Baseado na novela do paulista Raduan Nassar, Lavoura Arcaica começou a ser realizado no segundo semestre de 1998, mas somente estreou no Brasil e no exterior em 2001, depois de um longo processo de criação. O filme conta a história de André (Selton Mello), o filho que retorna à fazenda onde foi criado, reencontrando-se com o pai (Raul Cortez), a irmã, Ana (Simone Spoladore), por quem nutria imensa paixão, a mãe, o irmão encarregado de buscá-lo, a mãe e a própria infância, num permanente confronto entre passado e presente. É também a volta do filho pródigo - assim como o diretor, que se reencontrou com o cinema, após muitos anos.

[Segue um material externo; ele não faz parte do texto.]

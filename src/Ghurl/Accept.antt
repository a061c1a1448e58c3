-- ===== src/Ghurl/Accept.antt =====
-- internal/ghurl/ghurl.go: which targets `ParseWithDefaults` accepts at least.
use gh_proxy.Base.{
  arith, Option-cases, ap, ◌||◌, Bool, true, false, Option, none, some, List, [], ◌∷◌, ◌++◌, ◌≡◌,
  ◌⊎◌, inl, inr, refl, ◌∙◌, any, all, List-cases, Bytes, codes, same,
}
use gh_proxy.GoLib.Strings.{Unicode, cut_at, to_lower}
use gh_proxy.GoLib.Url
use gh_proxy.GoLib.Url.{Url, escaped_path, is_ctl, empty_url, hostname}
use gh_proxy.GoLib.Url.Plain.{is_plain}
use gh_proxy.Ghurl.Matchers.{
  match_release, match_blob, match_git, match_tags, match_raw, match_gist, Kind, invalid, release,
  blob, git, tags, raw, gist,
}
use gh_proxy.Ghurl.Shape.{Shape}
use gh_proxy.Ghurl.Shape.Decide.{matcher, captures, matcher_iff}
use gh_proxy.Ghurl.Target.{
  Target, Candidate, github_candidates, raw_candidates, gist_candidates, new_target, finish_target,
  rewrite_blob_to_raw, first_match, match, host_candidates,
}
use gh_proxy.Ghurl.Parse.{parse_with_defaults, fall_back}
use gh_proxy.Ghurl.Safety.{IsForwardable}
use gh_proxy.Ghurl.Safety.Boundary.{parse_with_defaults-IsForwardable}
use gh_proxy.Ghurl.Spelling.{
  Host, Spelling, github, www, raw_content, raw_old, gist_page, gist_content, whole, host_text,
  spell, plain_url,
}
use gh_proxy.Ghurl.Spelling.Parsed.{prepared_lem}

-- The kinds that a host serves
abbrev pub ServedAt : Host → Kind → Type 0
ServedAt github k = (k ≡ release) ⊎ ((k ≡ blob) ⊎ ((k ≡ git) ⊎ (k ≡ tags)))
ServedAt www k = (k ≡ release) ⊎ ((k ≡ blob) ⊎ ((k ≡ git) ⊎ (k ≡ tags)))
ServedAt raw_content k = k ≡ raw
ServedAt raw_old k = k ≡ raw
ServedAt gist_page k = k ≡ gist
ServedAt gist_content k = k ≡ gist

-- The host that is asked in the end, and what it serves
abbrev pub asked : Host → Bytes
asked www = codes "github.com"
asked h = host_text h

abbrev candidates : Host → List Candidate
candidates github = github_candidates
candidates www = github_candidates
candidates raw_content = raw_candidates
candidates raw_old = raw_candidates
candidates gist_page = gist_candidates
candidates gist_content = gist_candidates

abbrev captured : List Bytes → Bool
captured [] = false
captured (o ∷ m) = true

first_match-some :
    (cs : List Candidate) (u : Url)
    → any (λ x. captured (x.match_path u.path)) cs ≡ true
    → (t : Target) × (first_match cs u ≡ some t) × (t.url ≡ u)
unfolding first_match new_target
first_match-some [] u h = cc
first_match-some (x ∷ cs) u h = elim (List-cases (x.match_path u.path)) [
  | inl e ↦ let (t, f, k) = first_match-some cs u (rw e at h) in (t, rw (e, first_match) f, k)
  | inr (o, m, e) ↦ (new_target x.kind o m u, rw (e, first_match) refl, refl)
]

captures-captured : (k : Kind) (o r : Bytes) → captured (captures k o r) ≡ true
captures-captured gist o r = refl
captures-captured k o r = refl

module _ (path : Bytes) where
  Captures : Kind → Type 0
  Captures k = captured (matcher k path) ≡ true

  Fits : List Candidate → Type 0
  Fits cs = any (λ x. captured (x.match_path path)) cs ≡ true

  github_lem :
      (k : Kind)
      → (k ≡ release) ⊎ ((k ≡ blob) ⊎ ((k ≡ git) ⊎ (k ≡ tags)))
      → Captures k
      → Fits github_candidates
  unfolding Captures Fits
  github_lem k served e = elim served [
    | inl f ↦ chosen (inl (rw f at e))
    | inr (inl f) ↦ chosen (inr (inl (rw f at e)))
    | inr (inr (inl f)) ↦ chosen (inr (inr (inl (rw f at e))))
    | inr (inr (inr f)) ↦ chosen (inr (inr (inr (rw f at e))))
  ]
    where
      four :
          (a b d f : Bool)
          → (a ≡ true) ⊎ ((b ≡ true) ⊎ ((d ≡ true) ⊎ (f ≡ true)))
          → (a || (b || (d || (f || false)))) ≡ true
      four a b d f h = ground arith

      chosen :
          Captures release ⊎ (Captures blob ⊎ (Captures git ⊎ Captures tags))
          → Fits github_candidates
      chosen =
          four (captured (match_release path)) (captured (match_blob path))
            (captured (match_git path)) (captured (match_tags path))

  one : (b : Bool) → b ≡ true → (b || false) ≡ true
  one b h = ground arith

  served_lem : (h : Host) (k : Kind) → ServedAt h k → Captures k → Fits (candidates h)
  unfolding Captures Fits
  served_lem github k served e = github_lem k served e
  served_lem www k served e = github_lem k served e
  served_lem raw_content k served e = one (captured (match_raw path)) (rw served at e)
  served_lem raw_old k served e = one (captured (match_raw path)) (rw served at e)
  served_lem gist_page k served e = one (captured (match_gist path)) (rw served at e)
  served_lem gist_content k served e = one (captured (match_gist path)) (rw served at e)

module _ ⦃c : Unicode⦄ (path : Bytes) where
  -- The first component of `match`, where a candidate fits
  Matches : Host → Type 0
  Matches h =
      (t : Target)
      → first_match (candidates h) (plain_url (codes "https") (asked h) path) ≡ some t
      → (match (plain_url (codes "https") (host_text h) path)).0 ≡ some (finish_target t)

  match_lem : (h : Host) → Matches h
  unfolding Matches match hostname host_candidates same to_lower
  match_lem github t e = rw e refl
  match_lem www t e = rw e refl
  match_lem raw_content t e = rw e refl
  match_lem raw_old t e = rw e refl
  match_lem gist_page t e = rw e refl
  match_lem gist_content t e = rw e refl

  fall_back-some :
      (defaults : List Bytes) (r : Option Target × Url) {t : Target}
      → r.0 ≡ some t
      → fall_back defaults r ≡ some t
  unfolding fall_back
  fall_back-some defaults (some t', u) e = e
  fall_back-some defaults (none, u) e = absurd cc

rewrite-host : ⦃c : Unicode⦄ (u : Url) → (rewrite_blob_to_raw u).host ≡ u.host
unfolding rewrite_blob_to_raw
rewrite-host u = elim (Option-cases (cut_at (codes "/blob/") (escaped_path u))) [
  | inl e ↦ rw (e, rewrite_blob_to_raw) refl
  | inr ((before, after), e) ↦
      elim (Option-cases (Url.parse (before ++ (codes "/raw/" ++ after)))) [
        | inl f ↦ rw (e, rewrite_blob_to_raw) (rw f refl)
        | inr (pu, f) ↦ rw (e, rewrite_blob_to_raw) (rw f refl)
      ]
]

finish-host : ⦃c : Unicode⦄ (t : Target) → (finish_target t).url.host ≡ t.url.host
unfolding finish_target
finish-host t = go t.kind refl
  where
    go : (k : Kind) → t.kind ≡ k → (finish_target t).url.host ≡ t.url.host
    go blob e = rw e (rewrite-host t.url)
    go release e = rw e refl
    go git e = rw e refl
    go tags e = rw e refl
    go raw e = rw e refl
    go gist e = rw e refl
    go invalid e = rw e refl

-- A URL of a kind that its host serves, with nothing but letters, digits, slashes and -_.~ in its
-- path, is accepted in each spelling and with whatever default hosts: all of them give one target,
-- which may be fetched from that host.
pub parse_with_defaults-accepts :
    ⦃c : Unicode⦄ (h : Host) (k : Kind) (s o r : Bytes)
    → all is_plain s ≡ true
    → ServedAt h k
    → Shape k (b'/' ∷ s) o r
    → (t : Target) × ((sp : Spelling) (defaults : List Bytes)
        → parse_with_defaults (spell sp (host_text h ++ (b'/' ∷ s))) defaults ≡ some t)
      × IsForwardable t
      × (t.url.host ≡ asked h)
unfolding parse_with_defaults Matches Fits Captures
parse_with_defaults-accepts h k s o r plain served shape =
    let path = b'/' ∷ s in
    let u = plain_url (codes "https") (asked h) path in
    let fits : captured (matcher k path) ≡ true =
      rw ((matcher_iff k path o r).1 shape) (captures-captured k o r) in
    let (t, e, same_url) = first_match-some (candidates h) u (served_lem path h k served fits) in
    let accepted : (sp : Spelling) (defaults : List Bytes)
        → parse_with_defaults (spell sp (host_text h ++ path)) defaults ≡ some (finish_target t) =
      λ sp defaults. rw (prepared_lem s plain sp h) (
        fall_back-some path defaults (match (plain_url (codes "https") (host_text h) path))
          (match_lem path h t e)) in
    (
      finish_target t,
      accepted,
      parse_with_defaults-IsForwardable (spell whole (host_text h ++ path)) [] (accepted whole []),
      finish-host t ∙ ap (λ x. x.host) same_url,
    )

Em 1986, Luis Fernando Carvalho, carioca então com 23 anos, co-dirigiu com Maurício Farias um instigante e belo curta-metragem, A Espera, premiado no Festival de Gramado daquele ano. O filme, um dos melhores nacionais da década de 80, é inspirado nos Fragmentos de Um Discurso Amoroso, de Roland Barthes, e tem no elenco Marieta Severo, Diogo Vilela e Malu Mader. A Espera traduzia, de maneira muito acentuada, a busca do diretor iniciante por uma linguagem no cinema. Doze anos mais tarde, depois de ter desenvolvido uma bem-sucedida carreira na tevê, marcada justamente pela inovação da linguagem, Luis Fernando voltou ao cinema, de novo empenhado em experimentar, em abrir novos caminhos. Segundo ele, Lavoura Arcaica vem responder a todas as inquietações dos anos em que ficou fazendo televisão.
Mais do que uma história narrativa - o que de fato não é -, o livro de Raduan Nassar oferece um elaborado trabalho de construção de linguagem, o que fascinou o diretor. O que eu prezo demais na literatura do Raduan é que não se trata da linguagem pela linguagem, mas da linguagem como morada do ser, enquanto necessidade de sobrevivência, a linguagem como um grito, observa Carvalho.

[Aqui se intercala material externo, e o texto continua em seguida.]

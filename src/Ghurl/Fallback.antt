-- ===== src/Ghurl/Fallback.antt =====
-- internal/ghurl/ghurl.go: when `ParseWithDefaults` falls back on the configured default hosts.
pub mod Bare
use gh_proxy.Base.{
  Bool, true, false, ◌||◌, Option, none, some, List, [], ◌∷◌, ◌++◌, ◌≡◌, ◌↔◌, inl, inr, refl, sym,
  ap, ◌∙◌, arith, Bool-cases, Option-cases, Bytes, All, codes, same, same_iff, some_inj, Lacks, ◌≢◌,
  ◌⊎◌, ◌>>=◌, any, ◌==◌, ℕ, if◌then◌else◌,
}
use mathlib.Core.Option
use gh_proxy.GoLib.Strings.{Unicode, to_lower, contains_any, trim_prefix, cut_prefix}
use gh_proxy.GoLib.Url.{Url, hostname, escaped_path}
use gh_proxy.Ghurl.Target.{
  Target, Candidate, github_candidates, raw_candidates, gist_candidates, host_candidates,
  known_host, first_match, match,
}
use gh_proxy.Ghurl.Parse.{
  prepare, hostless, names_a_host, try_default, try_defaults, fall_back, parse_with_defaults, parse,
}

-- A text with a dot or a colon is no owner's name.
pub is_dotted : Bytes → Bool
is_dotted h = contains_any h (codes ".:")

-- A byte stands in a text.
abbrev pub HasByte : ℕ → Bytes → Type 0
HasByte b s = (before after : Bytes) × (s ≡ before ++ b ∷ after)

known-dotted :
    (h : Bytes) {host : Bytes} {cs : List Candidate}
    → host_candidates h ≡ some (host, cs)
    → is_dotted host ≡ true
unfolding host_candidates is_dotted
known-dotted h {host} {cs} e =
    elim (Bool-cases (same h (codes "github.com") || same h (codes "www.github.com"))) [
      | inl t ↦
          host_is (codes "github.com") github_candidates refl
            (some_inj (rw (t, host_candidates) at e))
      | inr t ↦
          elim (Bool-cases
            (same h (codes "raw.githubusercontent.com") || same h (codes "raw.github.com"))) [
              | inl t2 ↦
                  host_is h raw_candidates
                    (one_of (codes "raw.githubusercontent.com") (codes "raw.github.com") refl refl
                      t2)
                    (some_inj (rw (t, t2, host_candidates) at e))
              | inr t2 ↦
                  elim (Bool-cases (
                    same h (codes "gist.github.com")
                    || same h (codes "gist.githubusercontent.com"))) [
                      | inl t3 ↦
                          host_is h gist_candidates
                            (one_of (codes "gist.github.com") (codes "gist.githubusercontent.com")
                              refl refl t3)
                            (some_inj (rw (t, t2, t3, host_candidates) at e))
                      | inr t3 ↦ absurd (nothing (rw (t, t2, t3, host_candidates) at e))
                    ]
            ]
    ]
  where
    nothing : {p : Bytes × List Candidate} → none ≡ some p → ⊥
    nothing k = cc

    host_is :
        (x : Bytes) (ks : List Candidate)
        → is_dotted x ≡ true
        → ◌≡◌ {A = Bytes × List Candidate} (x, ks) (host, cs)
        → is_dotted host ≡ true
    host_is x ks d k = sym (λ i. is_dotted (k i).0) ∙ d

    one_of :
        (a b : Bytes)
        → is_dotted a ≡ true
        → is_dotted b ≡ true
        → (same h a || same h b) ≡ true
        → is_dotted h ≡ true
    one_of a b da db k = elim (Bool-cases (same h a)) [
      | inl ea ↦ ap is_dotted ((same_iff h a).0 ea) ∙ da
      | inr na ↦ ap is_dotted ((same_iff h b).0 (ground arith)) ∙ db
    ]

module _ ⦃c : Unicode⦄ where
  dotted-named : (u : Url) → is_dotted u.host ≡ true → names_a_host u ≡ true
  unfolding names_a_host is_dotted
  dotted-named u h = elim (Bool-cases (known_host u)) [ inl e ↦ rw e refl | inr e ↦ rw (e, h) refl ]

  -- A URL that names a host still does after `match` has made the host canonical.
  match_named :
      (u : Url) → names_a_host u ≡ true → (match u).0 ≡ none → names_a_host (match u).1 ≡ true
  unfolding match
  match_named u h = elim (Option-cases (host_candidates (to_lower (hostname u)))) [
    | inl e ↦ rw (e, match) (λ m. h)
    | inr ((host, cs), e) ↦
        rw (e, match)
          (elim (Option-cases (first_match cs (record u { host = host }))) [
            | inl f ↦ rw f (λ m.
                dotted-named (record u { host = host }) (known-dotted (to_lower (hostname u)) e))
            | inr (t, f) ↦ rw f (λ m. cc)
          ])
  ]

  fall_back_named :
      (ds : List Bytes) (r : Option Target × Url)
      → (r.0 ≡ none → names_a_host r.1 ≡ true)
      → fall_back ds r ≡ fall_back [] r
  unfolding fall_back
  fall_back_named ds (some t, u) h = refl
  fall_back_named ds (none, u) h = rw (h refl) refl

  any-found :
      (p : ℕ → Bool) (before : Bytes) (b : ℕ) (after : Bytes)
      → p b ≡ true
      → any p (before ++ b ∷ after) ≡ true
  any-found p [] b after h = ground arith
  any-found p (x ∷ before) b after h = ground (arith, any-found p before b after h)

  has-dotted : (s : Bytes) → HasByte b'.' s ⊎ HasByte b':' s → is_dotted s ≡ true
  unfolding is_dotted
  has-dotted s (inl (before, after, e)) = rw e (any-found _ before b'.' after refl)
  has-dotted s (inr (before, after, e)) = rw e (any-found _ before b':' after refl)

  -- A target whose host has a dot or a port is never given another host: the default hosts do not
  -- matter.
  pub parse_with_defaults-named :
      (s : Bytes) (u : Url) (ds : List Bytes)
      → prepare s ≡ some u
      → HasByte b'.' u.host ⊎ HasByte b':' u.host
      → parse_with_defaults s ds ≡ parse s
  unfolding parse parse_with_defaults
  parse_with_defaults-named s u ds e h =
      rw e (fall_back_named ds (match u) (match_named u (dotted-named u (has-dotted u.host h))))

Lento, pausado e belo em sua proposta de poética universal, Lavoura Arcaica é uma fiel adaptação do texto homônimo de Raduan Nassar, escritor fascinante não apenas pela qualidade superior do pouco que escreveu e publicou (somente três livros), mas por seu perfil fugidio e misterioso - aos 66 anos, há mais de duas décadas afastado da literatura, se refugiou em sua fazenda no interior de São Paulo.

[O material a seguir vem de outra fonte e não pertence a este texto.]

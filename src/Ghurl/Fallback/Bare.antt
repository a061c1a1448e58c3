-- ===== src/Ghurl/Fallback/Bare.antt =====
-- internal/ghurl/ghurl.go: what `ParseWithDefaults` makes of a path without a host.
use gh_proxy.Base.{
  Option, none, some, List, [], ◌∷◌, ◌++◌, ◌≡◌, Bytes, All, codes, Lacks, ◌≢◌, ◌==◌, if◌then◌else◌,
}
use mathlib.Core.Option
use gh_proxy.GoLib.Strings.{Unicode, to_lower}
use gh_proxy.GoLib.Url.{Url, hostname, escaped_path}
use gh_proxy.Ghurl.Target.{Target}
use gh_proxy.Ghurl.Parse.{parse}

-- The names under which GitHub is known
abbrev pub github_hosts : List Bytes
github_hosts =
    codes "github.com"
    ∷ (codes "www.github.com"
        ∷ (codes "raw.githubusercontent.com"
            ∷ (codes "raw.github.com"
                ∷ (codes "gist.github.com" ∷ (codes "gist.githubusercontent.com" ∷ [])))))

-- A URL whose host is the first part of a path: no name of GitHub, no dot, and no port
pub record IsBare ⦃c : Unicode⦄ (u : Url) : Type 0 where
  pub unknown : All (λ h. to_lower (hostname u) ≢ h) github_hosts
  pub no_dot : Lacks b'.' u.host
  pub no_port : Lacks b':' u.host

abbrev pub query_part : Bytes → Bytes
query_part [] = []
query_part (x ∷ q) = b'?' ∷ (x ∷ q)

abbrev pub unslashed : Bytes → Bytes
unslashed [] = []
unslashed (x ∷ s) = if x == b'/' then s else x ∷ s

-- The text of a URL behind its scheme
abbrev pub text_of : Url → Bytes
text_of u = unslashed (u.host ++ (escaped_path u ++ query_part u.raw_query))

-- `t` is what the first default host gives that gives anything, in front of the text of the URL.
pub record FirstOf ⦃c : Unicode⦄ (u : Url) (defaults : List Bytes) (t : Target) : Type 0 where
  pub before : List Bytes
  pub host : Bytes
  pub after : List Bytes
  pub split : defaults ≡ before ++ host ∷ after
  pub none_before : All (λ h. parse (h ++ b'/' ∷ text_of u) ≡ none) before
  pub found : parse (host ++ b'/' ∷ text_of u) ≡ some t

Com enfoque sobre liberdade, tradição, família patriarcal, amor incestuoso e até com um toque político na visão da autoridade sobre o oprimido, o filme é uma experiência muito mais visceral do que exercício de cabeça, uma obra corajosa e radical sem se nunca se tornar hermética, abrindo-se em muitos caminhos para o espectador que disponibilizar sensibilidade e inteligência para ir de encontro ao rico painel de conflitos morais e psicológicos. Selton Melo, como o herói trágico, domina absoluto um elenco onde ainda pontificam Raul Cortez e a novata Simone Spoladore. Pictórico pela própria natureza, e pela natureza humana, Lavoura Arcaica deve muito de sua eficácia narrativa ao fotógrafo Walter Carvalho.